◆ **PROBLEM DETAILS**: As the answer, give a copy of each line below that includes the word "CannotRead".
▬▬▬▬▬▬
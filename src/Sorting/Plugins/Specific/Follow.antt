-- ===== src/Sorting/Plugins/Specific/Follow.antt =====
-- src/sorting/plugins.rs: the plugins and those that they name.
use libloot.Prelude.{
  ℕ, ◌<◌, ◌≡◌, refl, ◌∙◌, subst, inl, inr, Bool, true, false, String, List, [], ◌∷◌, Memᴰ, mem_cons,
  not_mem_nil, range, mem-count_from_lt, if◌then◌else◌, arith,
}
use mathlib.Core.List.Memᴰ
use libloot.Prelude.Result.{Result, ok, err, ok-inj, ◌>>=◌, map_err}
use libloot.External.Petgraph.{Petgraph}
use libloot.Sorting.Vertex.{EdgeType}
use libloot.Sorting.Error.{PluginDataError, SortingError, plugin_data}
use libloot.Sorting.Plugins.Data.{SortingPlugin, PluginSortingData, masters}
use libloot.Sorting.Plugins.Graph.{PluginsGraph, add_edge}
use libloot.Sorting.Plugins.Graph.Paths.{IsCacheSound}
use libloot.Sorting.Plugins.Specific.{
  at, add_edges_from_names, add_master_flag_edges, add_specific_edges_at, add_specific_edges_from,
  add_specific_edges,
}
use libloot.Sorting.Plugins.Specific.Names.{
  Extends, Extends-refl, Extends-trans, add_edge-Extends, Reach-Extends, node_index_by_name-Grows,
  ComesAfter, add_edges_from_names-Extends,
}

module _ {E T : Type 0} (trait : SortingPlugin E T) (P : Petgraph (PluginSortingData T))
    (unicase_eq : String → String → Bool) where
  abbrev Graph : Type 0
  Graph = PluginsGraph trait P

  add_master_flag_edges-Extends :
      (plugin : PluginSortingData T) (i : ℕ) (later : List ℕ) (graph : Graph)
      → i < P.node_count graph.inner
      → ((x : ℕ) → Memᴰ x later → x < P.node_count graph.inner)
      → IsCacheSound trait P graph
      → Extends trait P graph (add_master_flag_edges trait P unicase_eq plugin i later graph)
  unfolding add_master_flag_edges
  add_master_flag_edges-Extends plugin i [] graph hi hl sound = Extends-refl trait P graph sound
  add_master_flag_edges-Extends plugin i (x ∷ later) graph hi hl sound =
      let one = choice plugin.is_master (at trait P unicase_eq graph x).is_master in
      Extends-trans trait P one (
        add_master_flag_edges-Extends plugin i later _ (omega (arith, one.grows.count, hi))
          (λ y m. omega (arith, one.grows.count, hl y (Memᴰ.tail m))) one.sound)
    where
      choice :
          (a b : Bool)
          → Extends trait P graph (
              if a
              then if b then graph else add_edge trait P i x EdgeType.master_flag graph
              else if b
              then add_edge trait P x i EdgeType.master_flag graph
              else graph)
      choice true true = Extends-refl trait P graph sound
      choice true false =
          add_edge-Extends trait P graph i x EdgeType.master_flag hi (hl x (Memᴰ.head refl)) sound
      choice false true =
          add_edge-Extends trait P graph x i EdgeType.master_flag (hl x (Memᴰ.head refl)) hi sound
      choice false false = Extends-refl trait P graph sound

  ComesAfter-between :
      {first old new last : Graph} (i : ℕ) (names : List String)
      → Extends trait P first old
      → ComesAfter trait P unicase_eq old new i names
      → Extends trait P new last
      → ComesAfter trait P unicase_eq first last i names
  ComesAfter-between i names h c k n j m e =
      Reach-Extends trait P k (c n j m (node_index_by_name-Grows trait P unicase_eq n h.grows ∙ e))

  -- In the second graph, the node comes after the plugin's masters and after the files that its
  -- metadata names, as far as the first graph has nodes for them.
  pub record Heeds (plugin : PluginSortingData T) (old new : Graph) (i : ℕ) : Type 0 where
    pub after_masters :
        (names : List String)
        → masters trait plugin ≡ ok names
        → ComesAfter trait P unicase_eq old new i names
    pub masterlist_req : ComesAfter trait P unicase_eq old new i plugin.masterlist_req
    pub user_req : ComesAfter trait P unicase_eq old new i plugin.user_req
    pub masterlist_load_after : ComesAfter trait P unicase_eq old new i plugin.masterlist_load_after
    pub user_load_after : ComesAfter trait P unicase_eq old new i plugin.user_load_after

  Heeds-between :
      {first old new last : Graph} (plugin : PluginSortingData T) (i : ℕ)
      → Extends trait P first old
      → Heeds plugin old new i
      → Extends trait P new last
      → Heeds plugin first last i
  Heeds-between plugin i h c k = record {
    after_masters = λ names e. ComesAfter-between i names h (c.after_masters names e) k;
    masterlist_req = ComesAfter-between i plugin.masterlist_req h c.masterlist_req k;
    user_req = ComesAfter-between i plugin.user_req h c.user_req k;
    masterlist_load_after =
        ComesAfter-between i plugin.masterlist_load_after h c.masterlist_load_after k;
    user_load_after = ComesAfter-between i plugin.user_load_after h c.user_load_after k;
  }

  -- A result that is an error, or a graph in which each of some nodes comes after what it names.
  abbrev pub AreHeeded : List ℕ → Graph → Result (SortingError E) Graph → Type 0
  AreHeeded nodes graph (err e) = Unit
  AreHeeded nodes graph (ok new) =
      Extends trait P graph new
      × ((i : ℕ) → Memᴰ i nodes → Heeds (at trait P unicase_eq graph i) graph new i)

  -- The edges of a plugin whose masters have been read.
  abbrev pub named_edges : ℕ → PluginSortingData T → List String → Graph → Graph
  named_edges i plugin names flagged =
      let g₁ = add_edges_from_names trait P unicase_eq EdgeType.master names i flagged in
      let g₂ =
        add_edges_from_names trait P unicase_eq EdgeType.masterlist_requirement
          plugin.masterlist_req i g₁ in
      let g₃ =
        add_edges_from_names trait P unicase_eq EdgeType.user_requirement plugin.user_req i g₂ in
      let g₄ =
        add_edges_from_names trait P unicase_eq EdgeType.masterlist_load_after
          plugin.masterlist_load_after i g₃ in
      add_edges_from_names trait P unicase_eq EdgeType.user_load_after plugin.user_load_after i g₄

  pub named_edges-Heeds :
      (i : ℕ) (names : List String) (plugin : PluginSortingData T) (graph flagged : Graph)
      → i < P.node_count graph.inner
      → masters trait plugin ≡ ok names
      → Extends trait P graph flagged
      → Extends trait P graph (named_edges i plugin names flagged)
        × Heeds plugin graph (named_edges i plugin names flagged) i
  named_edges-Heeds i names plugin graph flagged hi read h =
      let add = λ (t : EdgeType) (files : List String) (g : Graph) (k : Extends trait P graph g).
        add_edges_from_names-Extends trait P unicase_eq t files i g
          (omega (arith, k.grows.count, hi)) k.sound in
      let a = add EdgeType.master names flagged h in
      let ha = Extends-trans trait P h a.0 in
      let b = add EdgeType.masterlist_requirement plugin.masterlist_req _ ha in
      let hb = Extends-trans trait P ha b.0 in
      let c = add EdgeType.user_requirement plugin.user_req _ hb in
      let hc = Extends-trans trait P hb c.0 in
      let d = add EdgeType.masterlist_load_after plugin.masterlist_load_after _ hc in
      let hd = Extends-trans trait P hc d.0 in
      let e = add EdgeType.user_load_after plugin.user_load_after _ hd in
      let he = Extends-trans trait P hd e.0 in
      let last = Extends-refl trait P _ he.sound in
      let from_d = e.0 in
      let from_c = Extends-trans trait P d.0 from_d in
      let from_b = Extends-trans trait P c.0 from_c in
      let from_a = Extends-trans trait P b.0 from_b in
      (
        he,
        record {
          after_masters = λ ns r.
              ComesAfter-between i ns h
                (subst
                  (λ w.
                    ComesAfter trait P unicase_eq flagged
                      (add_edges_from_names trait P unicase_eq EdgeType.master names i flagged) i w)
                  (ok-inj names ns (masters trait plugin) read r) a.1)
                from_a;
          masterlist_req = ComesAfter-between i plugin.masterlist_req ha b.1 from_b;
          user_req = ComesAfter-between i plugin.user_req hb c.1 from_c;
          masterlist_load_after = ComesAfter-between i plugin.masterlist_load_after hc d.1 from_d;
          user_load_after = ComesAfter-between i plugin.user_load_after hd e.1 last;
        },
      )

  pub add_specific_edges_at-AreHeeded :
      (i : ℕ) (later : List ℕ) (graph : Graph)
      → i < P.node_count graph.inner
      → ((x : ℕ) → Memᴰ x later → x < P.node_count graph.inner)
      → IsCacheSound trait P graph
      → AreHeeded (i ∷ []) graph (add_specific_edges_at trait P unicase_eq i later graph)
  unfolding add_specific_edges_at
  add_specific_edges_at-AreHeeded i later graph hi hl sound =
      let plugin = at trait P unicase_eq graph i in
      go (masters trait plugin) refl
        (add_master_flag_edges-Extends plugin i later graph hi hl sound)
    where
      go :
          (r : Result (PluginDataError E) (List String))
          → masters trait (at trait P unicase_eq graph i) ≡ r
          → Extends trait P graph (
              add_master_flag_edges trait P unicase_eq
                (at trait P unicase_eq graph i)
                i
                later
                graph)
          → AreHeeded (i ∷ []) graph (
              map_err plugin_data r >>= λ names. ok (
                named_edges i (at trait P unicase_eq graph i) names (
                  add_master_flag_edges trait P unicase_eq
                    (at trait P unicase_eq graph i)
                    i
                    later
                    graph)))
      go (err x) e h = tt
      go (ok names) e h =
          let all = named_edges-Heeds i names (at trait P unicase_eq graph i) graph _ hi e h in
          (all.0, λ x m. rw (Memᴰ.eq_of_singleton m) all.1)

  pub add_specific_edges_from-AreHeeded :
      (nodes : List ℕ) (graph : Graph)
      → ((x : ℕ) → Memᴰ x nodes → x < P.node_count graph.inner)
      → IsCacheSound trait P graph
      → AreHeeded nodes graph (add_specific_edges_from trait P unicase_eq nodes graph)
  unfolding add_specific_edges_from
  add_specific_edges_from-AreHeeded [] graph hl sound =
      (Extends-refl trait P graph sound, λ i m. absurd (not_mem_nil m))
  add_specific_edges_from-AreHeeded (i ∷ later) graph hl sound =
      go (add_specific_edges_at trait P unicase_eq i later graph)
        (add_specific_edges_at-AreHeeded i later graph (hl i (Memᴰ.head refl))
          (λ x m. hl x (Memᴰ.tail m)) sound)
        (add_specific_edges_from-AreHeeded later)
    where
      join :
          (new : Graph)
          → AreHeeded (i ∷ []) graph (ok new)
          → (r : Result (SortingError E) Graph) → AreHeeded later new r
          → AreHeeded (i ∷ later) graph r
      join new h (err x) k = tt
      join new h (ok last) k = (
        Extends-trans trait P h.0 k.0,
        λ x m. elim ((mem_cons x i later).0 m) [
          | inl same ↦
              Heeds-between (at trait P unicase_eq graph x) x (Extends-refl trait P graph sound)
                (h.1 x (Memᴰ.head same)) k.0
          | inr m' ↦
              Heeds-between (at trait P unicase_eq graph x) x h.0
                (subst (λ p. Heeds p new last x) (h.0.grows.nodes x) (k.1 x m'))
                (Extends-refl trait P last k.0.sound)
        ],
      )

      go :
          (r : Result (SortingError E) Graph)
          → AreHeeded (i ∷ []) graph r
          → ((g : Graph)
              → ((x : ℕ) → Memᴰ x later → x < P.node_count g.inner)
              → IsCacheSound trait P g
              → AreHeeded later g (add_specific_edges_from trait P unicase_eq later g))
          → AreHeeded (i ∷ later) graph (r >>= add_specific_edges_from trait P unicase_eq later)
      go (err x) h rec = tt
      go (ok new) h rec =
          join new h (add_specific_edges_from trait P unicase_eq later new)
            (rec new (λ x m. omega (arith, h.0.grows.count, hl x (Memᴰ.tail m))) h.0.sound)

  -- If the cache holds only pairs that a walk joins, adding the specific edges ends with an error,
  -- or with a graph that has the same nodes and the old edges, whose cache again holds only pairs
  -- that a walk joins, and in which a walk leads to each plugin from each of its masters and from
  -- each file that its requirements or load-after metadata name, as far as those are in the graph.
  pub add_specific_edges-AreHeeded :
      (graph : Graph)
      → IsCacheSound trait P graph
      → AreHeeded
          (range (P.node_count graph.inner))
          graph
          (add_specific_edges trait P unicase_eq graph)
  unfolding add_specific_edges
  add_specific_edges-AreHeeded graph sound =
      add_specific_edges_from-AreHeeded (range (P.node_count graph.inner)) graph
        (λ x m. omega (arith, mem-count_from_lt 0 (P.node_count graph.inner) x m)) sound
▬▬▬▬▬▬
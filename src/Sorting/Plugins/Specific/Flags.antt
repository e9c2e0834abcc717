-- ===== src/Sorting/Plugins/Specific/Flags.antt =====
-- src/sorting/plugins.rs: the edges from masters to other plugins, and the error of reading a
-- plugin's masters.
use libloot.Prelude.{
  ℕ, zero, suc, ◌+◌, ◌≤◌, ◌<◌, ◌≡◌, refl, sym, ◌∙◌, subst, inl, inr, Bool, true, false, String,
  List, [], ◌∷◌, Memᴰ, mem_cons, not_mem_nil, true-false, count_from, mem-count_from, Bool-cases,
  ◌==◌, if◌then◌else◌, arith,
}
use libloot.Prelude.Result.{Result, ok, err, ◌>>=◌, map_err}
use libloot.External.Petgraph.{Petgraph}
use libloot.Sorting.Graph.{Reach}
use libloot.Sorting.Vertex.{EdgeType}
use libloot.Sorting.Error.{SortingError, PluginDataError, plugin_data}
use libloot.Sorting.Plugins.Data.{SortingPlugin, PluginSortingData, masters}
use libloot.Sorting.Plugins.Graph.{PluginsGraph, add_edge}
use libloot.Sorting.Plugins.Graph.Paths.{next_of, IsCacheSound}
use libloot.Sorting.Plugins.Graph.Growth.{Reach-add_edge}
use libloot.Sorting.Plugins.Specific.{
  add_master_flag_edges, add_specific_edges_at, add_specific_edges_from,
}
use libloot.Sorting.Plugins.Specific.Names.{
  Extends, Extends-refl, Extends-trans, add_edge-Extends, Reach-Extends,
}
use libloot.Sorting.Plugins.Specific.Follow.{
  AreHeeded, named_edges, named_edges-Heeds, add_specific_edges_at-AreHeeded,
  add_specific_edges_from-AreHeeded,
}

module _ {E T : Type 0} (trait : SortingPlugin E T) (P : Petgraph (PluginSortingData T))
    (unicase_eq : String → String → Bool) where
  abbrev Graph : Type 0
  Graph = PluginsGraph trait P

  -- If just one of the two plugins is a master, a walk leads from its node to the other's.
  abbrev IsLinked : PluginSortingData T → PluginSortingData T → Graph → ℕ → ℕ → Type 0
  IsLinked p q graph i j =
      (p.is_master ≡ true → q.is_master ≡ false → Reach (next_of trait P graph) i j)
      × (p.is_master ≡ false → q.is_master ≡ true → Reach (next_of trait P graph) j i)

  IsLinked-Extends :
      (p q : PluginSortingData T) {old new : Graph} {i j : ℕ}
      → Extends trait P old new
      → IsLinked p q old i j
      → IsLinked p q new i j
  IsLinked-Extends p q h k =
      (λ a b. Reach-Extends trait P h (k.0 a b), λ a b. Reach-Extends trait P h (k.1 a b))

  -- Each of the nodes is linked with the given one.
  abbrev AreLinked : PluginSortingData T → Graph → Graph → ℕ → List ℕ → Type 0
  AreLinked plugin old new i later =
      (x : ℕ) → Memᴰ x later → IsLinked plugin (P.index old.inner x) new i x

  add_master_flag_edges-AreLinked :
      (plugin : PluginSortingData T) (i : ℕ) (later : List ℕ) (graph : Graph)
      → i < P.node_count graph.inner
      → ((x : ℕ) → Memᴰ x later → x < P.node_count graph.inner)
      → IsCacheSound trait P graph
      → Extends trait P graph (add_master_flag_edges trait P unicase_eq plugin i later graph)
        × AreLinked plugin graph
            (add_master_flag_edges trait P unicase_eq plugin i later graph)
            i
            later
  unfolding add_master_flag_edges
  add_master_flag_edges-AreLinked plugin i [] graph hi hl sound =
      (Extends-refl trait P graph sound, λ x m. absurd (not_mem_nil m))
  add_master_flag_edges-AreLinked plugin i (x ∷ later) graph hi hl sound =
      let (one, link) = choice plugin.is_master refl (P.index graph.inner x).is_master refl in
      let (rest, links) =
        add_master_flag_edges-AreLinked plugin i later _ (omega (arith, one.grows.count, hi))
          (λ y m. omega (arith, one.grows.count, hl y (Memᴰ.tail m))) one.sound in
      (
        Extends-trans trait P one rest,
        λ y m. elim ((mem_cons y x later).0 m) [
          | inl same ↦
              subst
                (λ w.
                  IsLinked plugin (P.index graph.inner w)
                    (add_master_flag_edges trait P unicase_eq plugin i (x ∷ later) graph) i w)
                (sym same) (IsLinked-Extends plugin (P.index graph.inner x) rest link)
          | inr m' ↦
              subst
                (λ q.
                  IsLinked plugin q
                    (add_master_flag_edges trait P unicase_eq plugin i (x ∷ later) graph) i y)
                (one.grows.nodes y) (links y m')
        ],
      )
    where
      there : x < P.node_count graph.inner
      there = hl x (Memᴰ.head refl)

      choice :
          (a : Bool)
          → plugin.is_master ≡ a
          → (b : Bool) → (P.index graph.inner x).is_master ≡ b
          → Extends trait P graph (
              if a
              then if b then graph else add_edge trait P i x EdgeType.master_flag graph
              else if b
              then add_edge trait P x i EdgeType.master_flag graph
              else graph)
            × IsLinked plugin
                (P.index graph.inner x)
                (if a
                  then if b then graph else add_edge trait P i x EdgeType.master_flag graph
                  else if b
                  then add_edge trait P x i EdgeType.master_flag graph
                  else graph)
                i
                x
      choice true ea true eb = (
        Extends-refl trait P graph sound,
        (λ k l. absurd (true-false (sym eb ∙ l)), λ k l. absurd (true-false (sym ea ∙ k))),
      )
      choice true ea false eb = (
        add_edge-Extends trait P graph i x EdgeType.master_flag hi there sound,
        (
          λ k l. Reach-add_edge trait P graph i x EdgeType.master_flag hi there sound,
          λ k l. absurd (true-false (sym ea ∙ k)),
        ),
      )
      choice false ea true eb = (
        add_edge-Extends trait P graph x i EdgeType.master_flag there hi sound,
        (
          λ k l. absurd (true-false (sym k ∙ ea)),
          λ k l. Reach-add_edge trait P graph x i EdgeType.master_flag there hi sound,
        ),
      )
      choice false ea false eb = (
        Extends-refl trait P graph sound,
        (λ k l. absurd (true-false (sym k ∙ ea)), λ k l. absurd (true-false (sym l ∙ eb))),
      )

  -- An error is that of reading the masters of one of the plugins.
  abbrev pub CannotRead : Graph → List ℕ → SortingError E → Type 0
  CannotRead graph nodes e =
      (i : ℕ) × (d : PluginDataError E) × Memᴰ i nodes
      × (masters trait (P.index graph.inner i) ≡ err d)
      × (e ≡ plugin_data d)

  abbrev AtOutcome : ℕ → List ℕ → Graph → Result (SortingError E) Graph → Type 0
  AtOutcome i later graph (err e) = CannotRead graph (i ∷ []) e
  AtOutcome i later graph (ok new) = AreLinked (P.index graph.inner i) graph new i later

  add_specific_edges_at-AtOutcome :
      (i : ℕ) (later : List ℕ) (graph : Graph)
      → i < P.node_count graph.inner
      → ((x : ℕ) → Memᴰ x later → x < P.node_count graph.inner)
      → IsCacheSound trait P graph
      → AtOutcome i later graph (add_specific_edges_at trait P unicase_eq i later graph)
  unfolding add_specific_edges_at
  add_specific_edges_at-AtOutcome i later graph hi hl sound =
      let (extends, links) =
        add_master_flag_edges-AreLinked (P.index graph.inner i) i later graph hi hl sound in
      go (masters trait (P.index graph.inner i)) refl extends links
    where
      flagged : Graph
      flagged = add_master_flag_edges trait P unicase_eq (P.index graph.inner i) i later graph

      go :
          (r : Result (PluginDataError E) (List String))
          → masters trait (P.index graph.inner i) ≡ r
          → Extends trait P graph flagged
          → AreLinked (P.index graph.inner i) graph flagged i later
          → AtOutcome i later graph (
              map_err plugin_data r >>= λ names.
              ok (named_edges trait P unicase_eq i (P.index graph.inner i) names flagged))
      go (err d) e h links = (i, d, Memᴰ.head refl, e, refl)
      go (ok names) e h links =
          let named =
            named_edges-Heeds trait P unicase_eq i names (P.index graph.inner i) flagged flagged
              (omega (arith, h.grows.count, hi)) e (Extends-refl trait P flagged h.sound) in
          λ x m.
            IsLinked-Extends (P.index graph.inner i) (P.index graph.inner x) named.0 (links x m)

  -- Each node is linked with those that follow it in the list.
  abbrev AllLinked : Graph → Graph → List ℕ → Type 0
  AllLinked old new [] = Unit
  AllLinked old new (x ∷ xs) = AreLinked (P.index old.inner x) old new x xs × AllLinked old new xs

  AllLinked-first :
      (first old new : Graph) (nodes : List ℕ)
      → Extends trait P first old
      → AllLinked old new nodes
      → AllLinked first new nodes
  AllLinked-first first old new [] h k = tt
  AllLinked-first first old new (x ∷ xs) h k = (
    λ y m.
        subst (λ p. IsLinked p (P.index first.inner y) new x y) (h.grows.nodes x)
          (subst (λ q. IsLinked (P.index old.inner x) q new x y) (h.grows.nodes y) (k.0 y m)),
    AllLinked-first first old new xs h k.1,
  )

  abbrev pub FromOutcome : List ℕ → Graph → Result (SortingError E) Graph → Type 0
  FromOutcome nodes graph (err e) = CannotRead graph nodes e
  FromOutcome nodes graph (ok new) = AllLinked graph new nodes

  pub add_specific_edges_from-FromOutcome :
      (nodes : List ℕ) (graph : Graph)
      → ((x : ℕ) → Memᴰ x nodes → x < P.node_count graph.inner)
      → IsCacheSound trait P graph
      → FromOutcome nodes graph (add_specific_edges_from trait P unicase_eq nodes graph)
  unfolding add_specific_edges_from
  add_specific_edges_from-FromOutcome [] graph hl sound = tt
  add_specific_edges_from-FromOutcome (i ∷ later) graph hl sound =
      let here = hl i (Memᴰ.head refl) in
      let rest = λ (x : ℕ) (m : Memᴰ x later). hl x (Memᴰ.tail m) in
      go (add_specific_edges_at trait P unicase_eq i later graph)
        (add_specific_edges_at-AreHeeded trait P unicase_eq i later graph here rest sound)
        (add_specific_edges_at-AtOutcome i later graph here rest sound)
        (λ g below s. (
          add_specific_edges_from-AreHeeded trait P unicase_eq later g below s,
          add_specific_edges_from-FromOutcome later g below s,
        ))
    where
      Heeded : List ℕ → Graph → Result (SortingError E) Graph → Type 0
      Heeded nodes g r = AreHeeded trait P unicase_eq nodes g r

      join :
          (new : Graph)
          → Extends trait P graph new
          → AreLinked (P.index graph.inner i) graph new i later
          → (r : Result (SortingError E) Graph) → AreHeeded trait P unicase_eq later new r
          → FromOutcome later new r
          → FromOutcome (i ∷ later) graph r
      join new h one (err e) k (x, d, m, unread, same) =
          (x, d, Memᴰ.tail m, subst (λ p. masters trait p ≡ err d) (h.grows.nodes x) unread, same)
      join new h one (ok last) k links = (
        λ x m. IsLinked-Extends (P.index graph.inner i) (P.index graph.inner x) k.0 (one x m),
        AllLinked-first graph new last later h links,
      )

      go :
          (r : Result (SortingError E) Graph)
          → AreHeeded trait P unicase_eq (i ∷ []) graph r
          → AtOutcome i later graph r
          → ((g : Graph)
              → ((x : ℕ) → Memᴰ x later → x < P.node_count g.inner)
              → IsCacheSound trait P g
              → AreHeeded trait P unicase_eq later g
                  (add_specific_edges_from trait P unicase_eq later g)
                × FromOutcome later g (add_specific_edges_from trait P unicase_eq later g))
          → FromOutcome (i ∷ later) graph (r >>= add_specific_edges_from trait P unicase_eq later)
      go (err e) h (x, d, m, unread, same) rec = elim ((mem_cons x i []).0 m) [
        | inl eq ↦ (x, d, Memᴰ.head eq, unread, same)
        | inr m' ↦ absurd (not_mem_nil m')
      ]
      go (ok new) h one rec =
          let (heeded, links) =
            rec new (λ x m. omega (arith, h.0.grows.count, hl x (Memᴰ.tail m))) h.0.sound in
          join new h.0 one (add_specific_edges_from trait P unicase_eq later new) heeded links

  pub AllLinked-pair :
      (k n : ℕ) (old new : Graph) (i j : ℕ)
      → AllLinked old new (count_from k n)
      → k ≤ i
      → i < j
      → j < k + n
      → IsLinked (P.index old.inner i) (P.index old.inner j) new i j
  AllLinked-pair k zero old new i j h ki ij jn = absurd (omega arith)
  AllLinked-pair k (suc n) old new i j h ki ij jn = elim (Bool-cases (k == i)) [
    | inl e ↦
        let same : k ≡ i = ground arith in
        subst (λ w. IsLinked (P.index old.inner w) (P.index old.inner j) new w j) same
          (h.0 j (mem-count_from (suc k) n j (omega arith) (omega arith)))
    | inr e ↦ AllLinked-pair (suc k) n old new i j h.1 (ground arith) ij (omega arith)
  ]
▬▬▬▬▬▬
◆ **RESULT OF THIS EXERCISE**:
  abbrev pub CannotRead : Graph → List ℕ → SortingError E → Type 0
  CannotRead graph nodes e =
  AtOutcome i later graph (err e) = CannotRead graph (i ∷ []) e
  FromOutcome nodes graph (err e) = CannotRead graph nodes e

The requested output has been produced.